So, take that however you wish.


----------



## Pandakiss

if you dont like gay marriage for whatever reason, you dont have to. you dont have to look or particapate in it.

theres things i dont like and dont agree with [lil' wayne] but i dont keep looking.

without condoming or condenming.

there is no real reason other than i dont have to like it .


----------



## Mom6547

JMak00 said:


> I've presented a couple arguments. First, that gay marriage fundamentally alters the institution of marriage in western civilization. The institution of marriage is the social/cultural arrangement to raise children and provide a mother and father to those children. That's why marriage in western civ has always been man and woman. The central and fundamental aspect of marriage is man and woman. Gay marriage radically changes that, no? Second, that there's no reasonable basis to alter marriage so radically simply for same-sex couples to beocme eligible for certain goverment-subsidized benefits or entitlements when those things can be attained simply by changing the laws conferring these benefits and entitlements.
> 
> That you refuse to open your eyes to the role of marriage in the US and western civ is not my problem.


"Your refusal to open your eyes" constitutes more piss poor logic... but what do I expect?

1. You assert that marriage is for raising children. You forget that it has LONG been of defining property rights and inheritance. I would assert that in recent past, change that has had nothing whatsoever to do with gay people wanting also to be married, that marriage's role as somehow related to child rearing has already fallen apart. Child free by choice folk marry. People divorce. This is no small minority to dismiss out of hand as you have done. The "definition" of marriage is no longer so much about child REARING though does continue to be about property rights and inheritance. 
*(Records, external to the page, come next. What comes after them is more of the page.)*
-- ===== src/Gpio/Mode.antt =====
-- One round of `_gpio_lld_setportmode`: what it changes in the registers of a port.
use native.Mathlib.Decide.{ℕ_discrete}
use nfcee_fw.Base.{
  ℕ, ◌+◌, ◌-◌, ◌*◌, ◌/◌, ◌%◌, ◌^◌, ◌≤◌, ◌<◌, ◌≡◌, ◌≢◌, ◌⊎◌, inl, inr, ◌∙◌, arith, bit_and, ltb,
  if◌then◌else◌, Bool-cases, ==_refl,
}
use nfcee_fw.Bits.{bit_and-mask}
use nfcee_fw.Gpio.{Port, Fields, shl32, replace, set_pad_mode}
use nfcee_fw.Gpio.BitFields.{write_field-inside, write_field-outside, IsWritten, Touches}

-- The five numbers that a mode is made of.
pub record Mode : Type 0 where
  pub m_moder : ℕ
  pub m_otyper : ℕ
  pub m_ospeedr : ℕ
  pub m_pupdr : ℕ
  pub m_altr : ℕ

abbrev pub mode_of : ℕ → Mode
mode_of mode = record {
  m_moder = mode % 4;
  m_otyper = mode / 4 % 2;
  m_ospeedr = mode / 8 % 4;
  m_pupdr = mode / 32 % 4;
  m_altr = mode / 128 % 16;
}

abbrev pub IsMode : Mode → Type 0
IsMode m =
    (m.m_moder < 4) × (m.m_otyper < 2) × (m.m_ospeedr < 4) × (m.m_pupdr < 4) × (m.m_altr < 16)

-- In `p'` the pads from number `b` on that `mask` selects have the mode, and the others are as in `p`:
-- two bits for each pad in three registers, one bit in another, and four bits in two registers for
-- eight pads each.
pub record HasMode (b mask : ℕ) (m : Mode) (p p' : Port) : Type 0 where
  pub moder : IsWritten 0 16 2 (λ i. i * 2) b mask m.m_moder p.moder p'.moder
  pub otyper : IsWritten 0 16 1 (λ i. i) b mask m.m_otyper p.otyper p'.otyper
  pub ospeedr : IsWritten 0 16 2 (λ i. i * 2) b mask m.m_ospeedr p.ospeedr p'.ospeedr
  pub pupdr : IsWritten 0 16 2 (λ i. i * 2) b mask m.m_pupdr p.pupdr p'.pupdr
  pub afrl : IsWritten 0 8 4 (λ i. i * 4) b mask m.m_altr p.afrl p'.afrl
  pub afrh : IsWritten 8 16 4 (λ i. (i - 8) * 4) b mask m.m_altr p.afrh p'.afrh

-- The locals of the loop at pad `b`.
abbrev pub fields_at : Mode → ℕ → Fields
fields_at m b = record {
  f_moder = shl32 m.m_moder (b * 2);
  f_otyper = shl32 m.m_otyper b;
  f_ospeedr = shl32 m.m_ospeedr (b * 2);
  f_pupdr = shl32 m.m_pupdr (b * 2);
  bit = b;
}

-- The positions of the fields do not overlap.
abbrev Apart : (lo hi k : ℕ) → (ℕ → ℕ) → ℕ → Type 0
Apart lo hi k pos b =
    (i j : ℕ)
    → lo ≤ i
    → i < hi
    → j < k
    → (pos i + j < 32) × (i ≢ b → (pos i + j < pos b) ⊎ (pos b + k ≤ pos i + j))

Touches-write :
    (lo hi k : ℕ) (pos : ℕ → ℕ) (b mask value reg : ℕ)
    → mask % 2 ≡ 1
    → value < 2 ^ k
    → Apart lo hi k pos b
    → Touches lo hi k pos b mask value reg
        (replace reg (shl32 (2 ^ k - 1) (pos b)) (shl32 value (pos b)))
Touches-write lo hi k pos b mask value reg odd small apart i j hlo hhi hj =
    let (inside, others) = apart i j hlo hhi hj in
    elim (ℕ_discrete i b) [
      | yes e ↦
          rw odd
            (rw e (rw (==_refl b) (write_field-inside k (pos b) value reg j (rw e at inside) hj)))
      | no other ↦
          write_field-outside k (pos b) value reg (pos i + j) inside small (others other)
          ∙ ground arith
    ]

Touches-keep :
    (lo hi k : ℕ) (pos : ℕ → ℕ) (b mask value reg : ℕ)
    → (mask % 2 ≡ 0) ⊎ ((b < lo) ⊎ (hi ≤ b))
    → Touches lo hi k pos b mask value reg reg
Touches-keep lo hi k pos b mask value reg (inl even) i j hlo hhi hj = rw even (ground arith)
Touches-keep lo hi k pos b mask value reg (inr (inl out)) i j hlo hhi hj = ground arith
Touches-keep lo hi k pos b mask value reg (inr (inr out)) i j hlo hhi hj = ground arith

pub record Touched (b mask : ℕ) (m : Mode) (p p' : Port) : Type 0 where
  pub t_moder : Touches 0 16 2 (λ i. i * 2) b mask m.m_moder p.moder p'.moder
  pub t_otyper : Touches 0 16 1 (λ i. i) b mask m.m_otyper p.otyper p'.otyper
  pub t_ospeedr : Touches 0 16 2 (λ i. i * 2) b mask m.m_ospeedr p.ospeedr p'.ospeedr
  pub t_pupdr : Touches 0 16 2 (λ i. i * 2) b mask m.m_pupdr p.pupdr p'.pupdr
  pub t_afrl : Touches 0 8 4 (λ i. i * 4) b mask m.m_altr p.afrl p'.afrl
  pub t_afrh : Touches 8 16 4 (λ i. (i - 8) * 4) b mask m.m_altr p.afrh p'.afrh

-- A pad that is not selected.
pub keep-Touched : (b mask : ℕ) (m : Mode) (p : Port) → mask % 2 ≡ 0 → Touched b mask m p p
keep-Touched b mask m p even = record {
  t_moder = Touches-keep 0 16 2 (λ i. i * 2) b mask m.m_moder p.moder (inl even);
  t_otyper = Touches-keep 0 16 1 (λ i. i) b mask m.m_otyper p.otyper (inl even);
  t_ospeedr = Touches-keep 0 16 2 (λ i. i * 2) b mask m.m_ospeedr p.ospeedr (inl even);
  t_pupdr = Touches-keep 0 16 2 (λ i. i * 2) b mask m.m_pupdr p.pupdr (inl even);
  t_afrl = Touches-keep 0 8 4 (λ i. i * 4) b mask m.m_altr p.afrl (inl even);
  t_afrh = Touches-keep 8 16 4 (λ i. (i - 8) * 4) b mask m.m_altr p.afrh (inl even);
}

before_or_after : (i b : ℕ) → i ≢ b → (i < b) ⊎ (b < i)
before_or_after i b other = ground arith

two_bits-Apart : (b : ℕ) → b < 16 → Apart 0 16 2 (λ i. i * 2) b
two_bits-Apart b h i j hlo hhi hj = (
  omega arith,
  λ other. elim (before_or_after i b other) [
    | inl c ↦ inl (omega arith)
    | inr c ↦ inr (omega arith)
  ],
)

one_bits-Apart : (b : ℕ) → b < 16 → Apart 0 16 1 (λ i. i) b
one_bits-Apart b h i j hlo hhi hj = (
  omega arith,
  λ other. elim (before_or_after i b other) [
    | inl c ↦ inl (omega arith)
    | inr c ↦ inr (omega arith)
  ],
)

four_bits-Apart : (b : ℕ) → b < 8 → Apart 0 8 4 (λ i. i * 4) b
four_bits-Apart b h i j hlo hhi hj = (
  omega arith,
  λ other. elim (before_or_after i b other) [
    | inl c ↦ inl (omega arith)
    | inr c ↦ inr (omega arith)
  ],
)

high_bits-Apart : (b : ℕ) → 8 ≤ b → b < 16 → Apart 8 16 4 (λ i. (i - 8) * 4) b
high_bits-Apart b h hb i j hlo hhi hj = (
  omega arith,
  λ other. elim (before_or_after i b other) [
    | inl c ↦ inl (omega arith)
    | inr c ↦ inr (omega arith)
  ],
)

-- The registers of the alternate functions: the pad's number within its register is `bit & 7`.
afrl-Touches :
    (b mask altr reg : ℕ)
    → mask % 2 ≡ 1
    → altr < 16
    → Touches 0 8 4
        (λ i. i * 4)
        b
        mask
        altr
        reg
        (if ltb b 8
          then replace reg (shl32 15 (bit_and b 7 * 4)) (shl32 altr (bit_and b 7 * 4))
          else reg)
afrl-Touches b mask altr reg odd small = elim (Bool-cases (ltb b 8)) [
  | inl low ↦
      let place : bit_and b 7 ≡ b = bit_and-mask 3 b ∙ ground arith in
      rw low (
        rw place (
          Touches-write 0 8 4 (λ i. i * 4) b mask altr reg odd small
            (four_bits-Apart b (ground arith))))
  | inr high ↦ rw high (Touches-keep 0 8 4 (λ i. i * 4) b mask altr reg (inr (inr (ground arith))))
]

afrh-Touches :
    (b mask altr reg : ℕ)
    → mask % 2 ≡ 1
    → altr < 16
    → b < 16
    → Touches 8 16 4
        (λ i. (i - 8) * 4)
        b
        mask
        altr
        reg
        (if ltb b 8
          then reg
          else replace reg (shl32 15 (bit_and b 7 * 4)) (shl32 altr (bit_and b 7 * 4)))
afrh-Touches b mask altr reg odd small hb = elim (Bool-cases (ltb b 8)) [
  | inl low ↦
      rw low (Touches-keep 8 16 4 (λ i. (i - 8) * 4) b mask altr reg (inr (inl (ground arith))))
  | inr high ↦
      let place : bit_and b 7 ≡ b - 8 = bit_and-mask 3 b ∙ ground arith in
      rw high (
        rw place (
          Touches-write 8 16 4 (λ i. (i - 8) * 4) b mask altr reg odd small
            (high_bits-Apart b (ground arith) hb)))
]

-- A pad that is selected.
pub set_pad_mode-Touched :
    (b mask : ℕ) (m : Mode) (p : Port)
    → mask % 2 ≡ 1
    → b < 16
    → IsMode m
    → Touched b mask m p (set_pad_mode m.m_altr (fields_at m b) p)
unfolding set_pad_mode
set_pad_mode-Touched b mask m p odd hb valid = record {
  t_moder =
      Touches-write 0 16 2 (λ i. i * 2) b mask m.m_moder p.moder odd valid.0 (two_bits-Apart b hb);
  t_otyper =
      Touches-write 0 16 1 (λ i. i) b mask m.m_otyper p.otyper odd valid.1 (one_bits-Apart b hb);
  t_ospeedr =
      Touches-write 0 16 2 (λ i. i * 2) b mask m.m_ospeedr p.ospeedr odd valid.2
        (two_bits-Apart b hb);
  t_pupdr =
      Touches-write 0 16 2 (λ i. i * 2) b mask m.m_pupdr p.pupdr odd valid.3 (two_bits-Apart b hb);
  t_afrl = afrl-Touches b mask m.m_altr p.afrl odd valid.4;
  t_afrh = afrh-Touches b mask m.m_altr p.afrh odd valid.4 hb;
}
All of this is completely moot since there is no reason to believe your assertion that one man one woman marriage is the ideal environment to raise children. The supporters of this notion have it backward. The qualities that make a good environment are mature, loving, caring, responsible parents or guardians. When marriage was more the social norm, *people with these qualities were more likely to remain married.* Not that marriage caused the good environment, but that the good environment was caused by the maturity and responsibility of the parents.

You asserted that one man one woman was a superior environment as if it were a first premise, self evident standing on its own. It is not. And as such, if you want your arguments to be taken as something like reason, it is incumbent on you to support the assertion. I doubt you can do that.

However it is irrelevant because even THAT argument is completely moot as well as far as I am concerned. Regardless of whether or not marriage was historically intended for providing a stable environment for child rearing, it has failed miserably and completely to that end. We don't have the right to deny rights to one group to fail as miserably as another.




> It's certainly the most successful, that's why you don't see anywhere in the world national populations succeeding based upoin same-sex marriage.


I would love for you to cite some kind of study, hell I would be satisfied with an article in Newsweek, that talks about sociology of family, marriage and successful child rearing. As I say, you assert that one man one woman marriage is somehow more successful as a base premise. You even say "certainly" but there is nothing certain about it.

Even if it WERE, it is not a very good legal basis for denying gay people the right to marry since its intention has failed so miserably. 



> I can't help you open yourself to reason.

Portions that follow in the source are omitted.